今日是太子出殡之日,戚家女眷虽无法参加太子的丧仪,亦早早换了素衣,出府去寺中为太子祈福送行。隔壁勇毅侯府的主母亦带了家中晚辈们出发,戚家女眷同他们结伴而行。
戚越便是在寺中将戚家女眷送出了城。
他在京畿营里当值摸清了城门各路,也收服了不少心腹,今日京城戒严,却难不住他。
马车中,戚越紧望钟嘉柔:“安心走,我安顿好便来找你。”
“你要说话算话。”钟嘉柔拉住戚越的手,即便手上有伤也不想松开。
“当然。”
“你要量力而行,大不了我们不要侯爵身份了,当平民过活。”
戚越挑眉轻笑:“你娇滴滴的,过惯了好日子,我怎会让你嫁了我就过不上好日子。”
钟嘉柔只望着戚越,美目里有千言万语。
刘氏也在马车中,叮嘱戚越:“娘会照顾好你媳妇,你们在京中不要担心我们,定要保住性命!”

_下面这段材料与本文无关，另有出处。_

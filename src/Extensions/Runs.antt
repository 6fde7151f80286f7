-- ===== src/Extensions/Runs.antt =====
-- Any calls of `enable`, `disable` and `uninstall` of the lifecycle manager, one after another, from a
-- store that holds what was installed and a registry that publishes nothing.
use nju_personal_assistant.Base.{String, List, [], ◌∷◌, Dict}
use nju_personal_assistant.Extensions.Registry.{ExtensionRecord}
use nju_personal_assistant.Extensions.Lifecycle.{enable, disable, uninstall}
use nju_personal_assistant.Extensions.Ports.{World, Ports}

pub data Command : Type 0 where
  enable_call disable_call uninstall_call : String → Command

module _ (ports : Ports) where
  -- What the call wrote, whether it returned or raised
  unfoldable pub step : Command → World → World
  unfolding enable disable uninstall
  step (enable_call i) w = (enable ports i w).1
  step (disable_call i) w = (disable ports i w).1
  step (uninstall_call i) w = (uninstall ports i w).1

  unfoldable pub run : List Command → World → World
  unfolding step
  run [] w = w
  run (c ∷ commands) w = run commands (step c w)

abbrev pub fresh_world : Dict String ExtensionRecord → World
fresh_world records = record {
  records = records;
  registry = record { generation = 0; extensions = []; capabilities = [] };
  touched = [];
  calls = 0;
}
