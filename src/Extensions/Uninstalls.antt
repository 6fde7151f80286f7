-- ===== src/Extensions/Uninstalls.antt =====
-- `uninstall` keeps what holds between the calls; the record that a method returns is one of the
-- extension.
use nju_personal_assistant.Base.{
  String, [], ◌∷◌, Option, none, some, ◌==◌, string_eq, ◌≡◌, sym, ap, ◌∙◌, arith, if_both, nat_eq,
}
use nju_personal_assistant.Domain.Errors.{Error, Result, ok, err}
use nju_personal_assistant.Domain.Exec.{Exec, continue, ◌>>=◌, ◌>>◌, lift, pure}
use nju_personal_assistant.Extensions.Registry.{
  extension_state_eq, ExtensionRecord, enabled, installed_disabled, rolled_back, quarantined,
  draining, disabled, uninstalling,
}
use nju_personal_assistant.Extensions.Ports.{
  World, registry_disable, in_state, Ports, require_state, drain_error, raise_or, removed,
}
use nju_personal_assistant.Extensions.Lifecycle.{
  save_record, stop_worker, take_down, disable, settle_down, after_drain, drain_worker, delete_code,
  tombstone_record, remove_code, taken_down, uninstall,
}
use nju_personal_assistant.Extensions.Soundness.{IsSound, IsOut}
use nju_personal_assistant.Extensions.Steps.{save_record-IsOut, touch-IsOut}
use nju_personal_assistant.Domain.Values.{Fields}
use nju_personal_assistant.Extensions.Preservation.{
  Keeps, continue-to, continue-keeps, then-Keeps, save_in-Keeps, stop_in-Keeps,
}
use nju_personal_assistant.Extensions.Calls.{
  required-IsSound, required-ends, revoked-IsSound, disable-IsSound,
}

module _ (ports : Ports) (i : String) where
  tombstone_record-Keeps :
      (r : ExtensionRecord) → Keeps (IsOut r.manifest.id) (tombstone_record ports r)
  unfolding tombstone_record
  tombstone_record-Keeps r =
      then-Keeps (IsOut r.manifest.id) (save_record ports (removed r)) (λ _. pure (removed r))
        (save_record-IsOut ports (removed r)) λ a w h. h

  remove_code-Keeps : (r : ExtensionRecord) → Keeps (IsOut r.manifest.id) (remove_code ports r)
  unfolding remove_code delete_code
  remove_code-Keeps r =
      let last : Unit {0} → Exec World ExtensionRecord =
        λ _. delete_code ports r >> tombstone_record ports r in
      save_in-Keeps ports r uninstalling (λ _. stop_worker ports (in_state uninstalling r) >>= last)
        λ x. stop_in-Keeps ports r uninstalling last λ y.
          then-Keeps (IsOut r.manifest.id) (delete_code ports r) (λ _. tombstone_record ports r)
            (touch-IsOut (in_state uninstalling r)
              (λ n. ports.uninstall_code n (in_state uninstalling r)))
            λ z. tombstone_record-Keeps r

  -- The record that a method returns is one of the extension.
  abbrev Names : Result ExtensionRecord × World → Type 0
  Names p = (y : ExtensionRecord) → p.0 ≡ ok y → y.manifest.id ≡ i

  continue-Names {α} :
      {R : Type α} (o : Result R) (f : R → Exec World ExtensionRecord) (w : World)
      → ((x : R) (v : World) → Names (f x v))
      → Names (continue o f w)
  continue-Names (ok x) f w k = k x w
  continue-Names (err e) f w k = λ y h. absurd (ground (arith, h))

  raise_or-Names :
      (r : ExtensionRecord) (e : Option Error) (w : World)
      → r.manifest.id ≡ i
      → Names (raise_or e (in_state disabled r) w)
  unfolding raise_or
  raise_or-Names r none w own y h =
      let same : in_state disabled r ≡ y = ground (arith, h) in
      ap (λ (z : ExtensionRecord). z.manifest.id) (sym same) ∙ own
  raise_or-Names r (some e) w own y h = absurd (ground (arith, h))

  settle_down-Names :
      (r : ExtensionRecord) (e : Option Error) (w : World)
      → r.manifest.id ≡ i
      → Names (settle_down ports r e w)
  unfolding settle_down
  settle_down-Names r e w own =
      let m = save_record ports (in_state disabled r) w in
      continue-Names m.0 (λ _. raise_or e (in_state disabled r)) m.1 λ z v. raise_or-Names r e v own

  after_drain-Names :
      (r : ExtensionRecord) (o : Result (Option Fields)) (w : World)
      → r.manifest.id ≡ i
      → Names (after_drain ports r o w)
  unfolding after_drain
  after_drain-Names r o w own =
      let m = stop_worker ports (in_state draining r) w in
      continue-Names m.0 (λ _. lift (drain_error o) >>= settle_down ports r) m.1
        λ y v.
          continue-Names (drain_error o) (settle_down ports r) v λ e u. settle_down-Names r e u own

  take_down-Names :
      (r : ExtensionRecord) (w : World) → r.manifest.id ≡ i → Names (take_down ports r w)
  unfolding take_down
  take_down-Names r w own =
      let m = save_record ports (in_state draining r) w in
      continue-Names m.0 (λ _. drain_worker ports r >>= after_drain ports r) m.1
        λ x v.
          continue-Names (drain_worker ports r v).0 (after_drain ports r) (drain_worker ports r v).1
            λ o u. after_drain-Names r o u own

  disable-Names : (w : World) → IsSound w → Names (disable ports i w)
  unfolding disable
  disable-Names =
      required-ends ports i Names (λ e w h y k. absurd (ground (arith, k))) _
        λ r w h at own.
          continue-Names (require_state r (enabled ∷ []))
            (λ _. registry_disable i >> take_down ports r) w
            λ x v.
              continue-Names (registry_disable i v).0 (λ _. take_down ports r)
                (registry_disable i v).1 λ y u. take_down-Names r u own

  taken_down-ends :
      (r : ExtensionRecord) (w : World)
      → IsSound w
      → r.manifest.id ≡ i
      → IsSound (taken_down ports i r w).1 × Names (taken_down ports i r w)
  unfolding taken_down
  taken_down-ends r w h own =
      if_both (λ (m : Exec World ExtensionRecord). IsSound (m w).1 × Names (m w))
        (r.state == enabled) (disable ports i) (pure r)
        (disable-IsSound ports i w h, disable-Names w h)
        (
          h,
          λ y k.
              let same : r ≡ y = ground (arith, k) in
              ap (λ (z : ExtensionRecord). z.manifest.id) (sym same) ∙ own,
        )

  pub uninstall-IsSound : Keeps IsSound (uninstall ports i)
  unfolding uninstall
  uninstall-IsSound = required-IsSound ports i _ λ r w h at own.
      let (s, named) = taken_down-ends r w h own in
      let check = λ (q : ExtensionRecord).
        require_state q (installed_disabled ∷ disabled ∷ quarantined ∷ rolled_back ∷ []) in
      let m = taken_down ports i r w in
      continue-to IsSound IsSound m.0
        (λ q. lift (check q) >> (registry_disable i >> remove_code ports q)) m.1 s (λ v z. z)
        λ q e.
          continue-keeps IsSound (check q) (λ _. registry_disable i >> remove_code ports q) m.1 s
            λ x. revoked-IsSound ports i q (remove_code ports q) (named q e) (remove_code-Keeps q)
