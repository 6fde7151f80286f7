-- ===== src/Extensions/Promises.antt =====
-- What the lifecycle manager promises after any calls.
use nju_personal_assistant.Base.{
  String, List, [], ◌∷◌, some, Dict, lookup, ◌≡◌, refl, arith, All, false, string_eq,
}
use nju_personal_assistant.Extensions.Registry.{
  ExtensionRecord, CapabilityOwner, owner_of, values_of, enabled, build_from,
}
use nju_personal_assistant.Extensions.Rebuilding.{IsKeyed}
use nju_personal_assistant.Extensions.Owners.{IsOwner, build_from-IsServed}
use nju_personal_assistant.Extensions.Soundness.{IsSound}
use nju_personal_assistant.Extensions.Ports.{World, Ports, Touch}
use nju_personal_assistant.Extensions.Runs.{
  Command, enable_call, disable_call, uninstall_call, step, run, fresh_world,
}
use nju_personal_assistant.Extensions.Calls.{enable-IsSound, disable-IsSound}
use nju_personal_assistant.Extensions.Uninstalls.{uninstall-IsSound}

-- Each stored record stands under the id of its manifest.
abbrev pub IsFiled : Dict String ExtensionRecord → Type 0
IsFiled records = (i : String) (r : ExtensionRecord) → lookup i records ≡ some r → r.manifest.id ≡ i

module _ (ports : Ports) where
  step-IsSound : (c : Command) (w : World) → IsSound w → IsSound (step ports c w)
  unfolding step
  step-IsSound (enable_call i) w h = enable-IsSound ports i w h
  step-IsSound (disable_call i) w h = disable-IsSound ports i w h
  step-IsSound (uninstall_call i) w h = uninstall-IsSound ports i w h

  from-IsSound : (commands : List Command) (w : World) → IsSound w → IsSound (run ports commands w)
  unfolding run
  from-IsSound [] w h = h
  from-IsSound (c ∷ commands) w h = from-IsSound commands (step ports c w) (step-IsSound c w h)

  fresh-IsSound :
      (records : Dict String ExtensionRecord) → IsFiled records → IsSound (fresh_world records)
  unfolding lookup build_from IsKeyed
  fresh-IsSound records filed = (
    record { keyed = filed; shelved = tt; built = refl; revoked = tt },
    (λ i r h. absurd (ground (arith, h))),
  )

  pub run-IsSound :
      (records : Dict String ExtensionRecord) (commands : List Command)
      → IsFiled records
      → IsSound (run ports commands (fresh_world records))
  run-IsSound records commands filed =
      from-IsSound commands (fresh_world records) (fresh-IsSound records filed)

  -- After any calls, each of which may raise at any port, the owner of a capability in the registry is
  -- an extension that is stored as ENABLED, in the version that the registry names.
  pub capability_enabled :
      (records : Dict String ExtensionRecord) (commands : List Command) (c : String)
      (o : CapabilityOwner)
      → IsFiled records
      → owner_of c (run ports commands (fresh_world records)).registry ≡ some o
      → (r : ExtensionRecord) × (lookup o.extension_id
            (run ports commands (fresh_world records)).records
          ≡ some r)
        × (r.state ≡ enabled)
        × IsOwner r o
  unfolding owner_of lookup
  capability_enabled records commands c o filed k =
      let w = run ports commands (fresh_world records) in
      let (h, s) = run-IsSound records commands filed in
      let (r, at, own) =
        build_from-IsServed (values_of w.registry.extensions) ([], [])
          (w.registry.extensions, w.registry.capabilities) h.built
          (λ c o e. absurd (ground (arith, e))) c o k in
      let (stored, running) = s o.extension_id r at in (r, stored, running, own)

  -- After any calls, each of which may raise at any port, no worker was drained or stopped, and no code
  -- deleted, while the registry published its extension.
  pub revoked_first :
      (records : Dict String ExtensionRecord) (commands : List Command)
      → IsFiled records
      → All (λ (t : Touch). t.published ≡ false) (run ports commands (fresh_world records)).touched
  revoked_first records commands filed = (run-IsSound records commands filed).0.revoked
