-- ===== src/Extensions/Revocation.antt =====
-- `disable` of a published extension takes every capability of it out of the registry.
use nju_personal_assistant.Base.{
  String, List, [], ◌∷◌, ◌+◌, none, some, Dict, lookup, ◌≡◌, ◌≢◌, refl, sym, ap, ◌∙◌, arith,
  string_eq, nat_eq,
}
use mathlib.Core.Path.{subst}
use nju_personal_assistant.Domain.Errors.{ok}
use nju_personal_assistant.Domain.Exec.{continue, ◌>>◌, lift}
use nju_personal_assistant.Extensions.Registry.{
  ExtensionRecord, CapabilityOwner, owner_of, values_of, enabled, extension_state_eq,
}
use nju_personal_assistant.Extensions.Owners.{build_from-IsServed}
use nju_personal_assistant.Extensions.Soundness.{
  IsSound, IsOut, registry_disable-IsOut, IsSound-IsBetween,
}
use nju_personal_assistant.Extensions.Lifecycle.{require, take_down, disable}
use nju_personal_assistant.Extensions.Ports.{
  World, Ports, known_extension, require_state, registry_disable,
}
use nju_personal_assistant.Extensions.Steps.{counted-IsCoherent}
use nju_personal_assistant.Extensions.Preservation.{continue-keeps}
use nju_personal_assistant.Extensions.Runs.{Command, run, fresh_world}
use nju_personal_assistant.Extensions.Calls.{take_down-Keeps}
use nju_personal_assistant.Extensions.Promises.{IsFiled, run-IsSound}

module _ (ports : Ports) (i : String) (r : ExtensionRecord) (w : World) where
  require-eq :
      ports.read w.calls ≡ ok tt
      → lookup i w.records ≡ some r
      → require ports i w ≡ (ok r, record w { calls = w.calls + 1 })
  unfolding require known_extension
  require-eq read stored = rw (read, stored) refl

  require_enabled : r.state ≡ enabled → require_state r (enabled ∷ []) ≡ ok tt
  unfolding require_state
  require_enabled running = rw running refl

  taken_down-IsOut :
      r.manifest.id ≡ i → IsSound w → IsOut i ((registry_disable i >> take_down ports r) w).1
  taken_down-IsOut own h =
      let (out, _) = registry_disable-IsOut i w (IsSound-IsBetween i w h) in
      continue-keeps (IsOut i) (registry_disable i w).0 (λ _. take_down ports r)
        (registry_disable i w).1 out
        λ x.
          subst (λ j. (v : World) → IsOut j v → IsOut j (take_down ports r v).1) own
            (take_down-Keeps ports i r)

module _ (ports : Ports) (i : String) (r : ExtensionRecord) (w : World) where
  disable-IsOut :
      ports.read w.calls ≡ ok tt
      → lookup i w.records ≡ some r
      → r.state ≡ enabled
      → IsSound w
      → IsOut i (disable ports i w).1
  unfolding disable
  disable-IsOut read stored running (h, s) =
      let v = record w { calls = w.calls + 1 } in
      let rest = λ (q : ExtensionRecord).
        lift (require_state q (enabled ∷ [])) >> (registry_disable i >> take_down ports q) in
      subst (λ p. IsOut i (continue p.0 rest p.1).1) (sym (require-eq ports i r w read stored))
        (subst (λ z. IsOut i (continue z (λ _. registry_disable i >> take_down ports r) v).1)
          (sym (require_enabled ports i r w running))
          (taken_down-IsOut ports i r v (h.keyed i r stored)
            (counted-IsCoherent w (w.calls + 1) h, s)))

-- After any calls, where the store can be read and holds the extension as ENABLED, `disable` leaves no
-- capability that the extension owns, whether it returns or raises at a later port.
pub disable_revokes :
    (ports : Ports) (records : Dict String ExtensionRecord) (commands : List Command) (i : String)
    (r : ExtensionRecord) (c : String) (o : CapabilityOwner)
    → IsFiled records
    → ports.read (run ports commands (fresh_world records)).calls ≡ ok tt
    → lookup i (run ports commands (fresh_world records)).records ≡ some r
    → r.state ≡ enabled
    → owner_of c (disable ports i (run ports commands (fresh_world records))).1.registry ≡ some o
    → o.extension_id ≢ i
unfolding owner_of lookup
disable_revokes ports records commands i r c o filed read stored running k named =
    let w = run ports commands (fresh_world records) in
    let ((h, s), out) =
      disable-IsOut ports i r w read stored running (run-IsSound ports records commands filed) in
    let e = (disable ports i w).1.registry in
    let (q, at, own) =
      build_from-IsServed (values_of e.extensions) ([], []) (e.extensions, e.capabilities) h.built
        (λ c o e. absurd (ground (arith, e))) c o k in
    let gone : lookup o.extension_id e.extensions ≡ none =
      ap (λ j. lookup j e.extensions) named ∙ out in
    ground (arith, at, gone)
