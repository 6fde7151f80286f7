-- ===== src/Extensions/Tests.antt =====
-- Two extensions, and ports that answer, the drain with calls in flight.
use nju_personal_assistant.Base.{
  String, true, false, List, [], ◌∷◌, some, Dict, lookup, insert, delete, ◌≡◌, ◌≢◌, refl, arith,
  string_eq, All,
}
use nju_personal_assistant.Domain.Errors.{ok, extension_operation_error, raise}
use nju_personal_assistant.Domain.Values.{Fields, name, end, field, integer, pos, value_at}
use nju_personal_assistant.Extensions.Registry.{
  ExtensionRecord, owner_of, claims_of, enabled, disabled, installed_disabled,
}
use nju_personal_assistant.Extensions.Owners.{IsOwner}
use nju_personal_assistant.Extensions.Lifecycle.{disable}
use nju_personal_assistant.Extensions.Ports.{World, Ports, Touch, wrote, in_state}
use nju_personal_assistant.Extensions.Runs.{
  Command, enable_call, disable_call, uninstall_call, run, fresh_world,
}
use nju_personal_assistant.Extensions.Promises.{IsFiled, capability_enabled, revoked_first}
use nju_personal_assistant.Extensions.Revocation.{disable_revokes}

abbrev mail : ExtensionRecord
mail = record {
  manifest = record {
    id = "mail";
    version = "1.2.0";
    slots = ("tools", "mail.send" ∷ "mail.read" ∷ []) ∷ [];
  };
  artifact_hash = "a1";
  state = installed_disabled;
  install_path = some "mail/1.2.0";
  data_retained = true;
  tombstone = false;
}

abbrev calendar : ExtensionRecord
calendar = record {
  manifest = record {
    id = "calendar";
    version = "0.3.1";
    slots = ("tools", "calendar.read" ∷ []) ∷ [];
  };
  artifact_hash = "c1";
  state = installed_disabled;
  install_path = some "calendar/0.3.1";
  data_retained = true;
  tombstone = false;
}

abbrev installed : Dict String ExtensionRecord
installed = ("mail", mail) ∷ ("calendar", calendar) ∷ []

abbrev busy : Fields
busy = field (name "active_calls") (integer (pos 2)) end

abbrev answering : Ports
answering = record {
  read = λ n. ok tt;
  save = λ n r. wrote;
  start = λ n r. ok tt;
  health = λ n r. ok true;
  drain = λ n r. ok (some busy);
  stop = λ n r. ok tt;
  uninstall_code = λ n r. ok tt;
}

abbrev both : List Command
both = enable_call "mail" ∷ enable_call "calendar" ∷ []

installed-IsFiled : IsFiled installed
unfolding lookup
installed-IsFiled i r h =
    ground (arith, h, string_eq.equal_iff "mail" i, string_eq.equal_iff "calendar" i)

-- Both are enabled.
abbrev after : World
after = run answering both (fresh_world installed)

capability_enabled_example :
    (r : ExtensionRecord) × (lookup "mail" (run answering both (fresh_world installed)).records
      ≡ some r)
    × (r.state ≡ enabled)
    × IsOwner r (record { extension_id = "mail"; extension_version = "1.2.0"; slot = "tools" })
unfolding run owner_of lookup insert claims_of
capability_enabled_example =
    capability_enabled answering installed both "mail.read"
      (record { extension_id = "mail"; extension_version = "1.2.0"; slot = "tools" })
      installed-IsFiled refl

revoked_first_example :
    All
      (λ (t : Touch). t.published ≡ false)
      (run answering
        (enable_call "mail" ∷ uninstall_call "mail" ∷ disable_call "mail" ∷ [])
        (fresh_world installed)).touched
revoked_first_example =
    revoked_first answering installed
      (enable_call "mail" ∷ uninstall_call "mail" ∷ disable_call "mail" ∷ []) installed-IsFiled

disable_revokes_example : ◌≢◌ {A = String} "calendar" "mail"
unfolding run owner_of lookup disable insert delete claims_of value_at
disable_revokes_example =
    disable_revokes answering installed both "mail" (in_state enabled mail) "calendar.read"
      (record { extension_id = "calendar"; extension_version = "0.3.1"; slot = "tools" })
      installed-IsFiled refl refl refl refl

-- The drain reports calls in flight: the extension is disabled all the same, and the caller is told.
disable_busy :
    (lookup "mail" (disable answering "mail" after).1.records ≡ some (in_state disabled mail))
    × ((disable answering "mail" after).0
        ≡ raise extension_operation_error
            "extension reported in-flight calls when the drain deadline expired")
unfolding run disable lookup insert delete claims_of value_at
disable_busy = (refl, refl)

-- A worker that does not pass its health check is stopped, and the extension is not published.
enable_unhealthy :
    (run
      (record answering { health = λ n r. ok false })
      (enable_call "mail" ∷ [])
      (fresh_world installed)).touched
    ≡ record { extension_id = "mail"; published = false } ∷ []
unfolding run lookup
enable_unhealthy = refl
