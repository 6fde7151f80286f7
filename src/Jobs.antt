-- ===== src/Jobs.antt =====
-- src/personal_assistant/core/jobs and infrastructure/memory/job_queue.py: the queue of jobs, and the
-- outbox of external actions.
pub mod Outbox
pub mod Queue
pub mod Claims
pub mod Holding
pub mod Schedule
pub mod Firing
pub mod Leases
pub mod Claimed
pub mod Idempotency
mod Tests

戚越抽出钟嘉柔紧握的手,认真道:“记得,你比孩子重要,先保证好你自己。”
这话是对钟嘉柔说的,也是对刘氏嘱咐的。
刘氏道:“娘明白,你放心。”
戚越下了马车,坚决地背过身。
钟嘉柔掀着车帘,始终眺望这个修长健硕的背影。
尘沙飞扬,一点点吞尽这道身影,他始终没有回头,钟嘉柔始终紧望他,直到尘沙弥漫,马蹄转道,她目中那抹玄影才渐远无踪。
钟嘉柔想,她把心放到戚越那里了。
此行,他生她活,他败她死。
她不会再像从前那般犹豫不决,一面愧欠他,一面又不对他好。可惜她浪费了那些明媚新婚的好日子,孩子都来了,却才开始接纳他。